The cast and crew of the ‘Globe to Globe’ touring production of Hamlet prepare for a show in the Zataari refugee camp on the Jordan-Syria border. Photograph: Sarah Lee/The Guardian

Dromgoole conceded “some spurious connection” between Shakespeare and Stratford-upon-Avon, but insisted that London made him a playwright and was threaded through his life and work.

There may be problems, however, with a few of the potential filming sites.
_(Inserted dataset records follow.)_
-- ===== src/Lib.antt =====
-- kubesphere-schedule: the API server and the controller that schedule resource analyses.
--
-- The program has two processes. The API server turns a request into its information, hands it
-- through a chain of filters to a handler, and the handler calls the operator of analysis tasks,
-- which talks to the Kubernetes API. The controller watches analysis tasks and deployments and
-- creates Crane analytics through the same operator.
--
-- Base: numbers, lists, texts, maps, and the functions of Go's standard library that the code uses;
--   an `int` has 64 bits and wraps around (Base.Words).
-- Http: the fields of a net/http request; a header maps canonical keys to their first values.
-- Request: pkg/apiserver/request/requestinfo.go. `new_request_info` is `NewRequestInfo`, cut into the
--   stages `read_prefix`, `read_cluster`, ... in the order of its text; an index out of range is the
--   result `panics`.
-- Query: pkg/apiserver/query/types.go, `ParseQueryParameter` and `GetValidPagination`.
-- Resources: pkg/service/resources/v1alpha3/interface.go, `DefaultList` with its filters and orders.
-- Schedule: api/schedule/v1alpha1, pkg/service/schedule (Types, Operator, Config, Crane), the
--   handlers of pkg/kapis (Response, Handlers) with the error answers of api/utils.go (ApiErrors), and
--   pkg/controller/schedule/analysis (Controller). Wire puts the operator on the generated client.
-- Clients: pkg/client/k8s and pkg/client/schedule (options and constructors of the clients), `Override`
--   of pkg/utils/reflectutils/reflect.go, and pkg/informers.
-- Generated: the generated code of pkg/client and api/schedule/v1alpha1. `SharedInformerFactory` with
--   `informer_for`, `start` and `wait_for_cache_sync` is the factory of
--   pkg/client/informers/externalversions (Factory), over whose calls Sessions runs; Informers and
--   Lister are the informer and the lister of analysis tasks, Tasks, Clientset and Fake the clients of
--   pkg/client/clientset/versioned. A method of a client is the request that it hands to client-go
--   (Rest). DeepCopy has the copies of zz_generated.deepcopy.go over a memory of cells (Memory), with
--   the objects as they lie in it (MemTypes).
-- Process: pkg/config, the options of cmd/controller and cmd/apiserver, the controllers' `Run` (Loop)
--   and `run` (Run), and both commands (Command).
-- Apiserver: pkg/apiserver/apiserver.go (Prepare, Sync, Serving; SyncFactory is Sync over the generated
--   factory), `NewAPIServer` (Create),
--   pkg/apiserver/runtime (Runtime), pkg/apiserver/request/context.go (Context), and the routes of
--   pkg/kapis/schedule/v1alpha1/register.go (Routes). `prepare_run` puts the container behind the
--   chain of Filters, which reads requests by Request.
-- Filters: pkg/apiserver/filters and `buildHandlerChain` of pkg/apiserver/apiserver.go. The URL of the
--   configured host is missing where `url.Parse` refuses the host, whose error the code drops.
-- Server: pkg/server/options, and pkg/server/params, whose conditions are read by a loop.
-- Utils: pkg/utils/net, pkg/utils/sliceutil, pkg/utils/stringutils, pkg/utils/idutils and
--   pkg/utils/resourceparse.
-- Tests: the theorems at concrete inputs.
--
-- Stateful code passes its state explicitly: an operation takes the cluster `w` of any type `W` and
-- returns the one after it, through a record of client functions that stand for the generated and
-- third-party clients. The controller's calls are a step relation, `Step`, with `Steps` for runs; so
-- are the loop of the controllers' process with its goroutines, `Turn`, and the end of the server,
-- `ServingStep`. A panic is the value `panicked`, a Go error an `Option`, and `Result` a value or an
-- error; `klog.Fatal` is a result of its own.
--
-- Loops recur on their lists. `RemoveString`, which changes its slice under the index, recurs on fuel:
-- the number of items not yet looked at, which is the length of the slice at the start. The loop of
-- `parseConditions` recurs on fuel too: the length of its text, of which each turn takes a character.
--
-- Not modelled: the registration of flags and of types, the texts that document routes, the fake
-- clientset's object tracker, logging, and the copied library of pkg/utils/reflectutils/deep.go.
-- `sort.Slice`, `URL.Query`, `URL.String`, `url.Parse`, `SplitHostPort`, `ToLower`, the label and
-- options codecs, `os.Stat`, the JSON path library, viper, go-restful, the manager of
-- controller-runtime, the informers' caches, the indexers, the REST client and the deep copies of
-- library types are parameters. A `float32` is a value of any type.
pub mod Base
pub mod Generated
pub mod Http
pub mod Clients
pub mod Process
pub mod Apiserver
pub mod Utils
pub mod Request
pub mod Query
pub mod Resources
pub mod Schedule
pub mod Filters
pub mod Server
pub mod Tests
The forests of Arden and Windsor will prove no trouble, and locations for the Two Gentlemen of Verona and The Merchant of Venice are self-evident; but scholars still argue whether there ever was a “sea coast of Bohemia” – part of modern Czechoslovakia, which may have had a sliver of coastline centuries before Shakespeare’s day – where part of The Winter’s Tale is set.

Dromgoole said several actors in the frame for parts are already strongly arguing for sun-drenched Barbados to stand in for the island in The Tempest.

He described the London’s South Bank, the setting for the 400th anniversary project, as one of the greatest cultural walkways in the world,running not just past the Globe’s doorstep, but that of of a string of venues, including the Royal Festival Hall, the BFI, the National Theatre and Tate Modern.

Back in the Globe theatre itself, the record-breaking production of Hamlet will be returning from its completist world tour for four performances over the St George’s Day weekend. Hamlet still plans to visit every country in the world, although North Korea is still refusing to let the production in, and the company’s tour of some African countries was postponed to next spring due to the Ebola outbreak.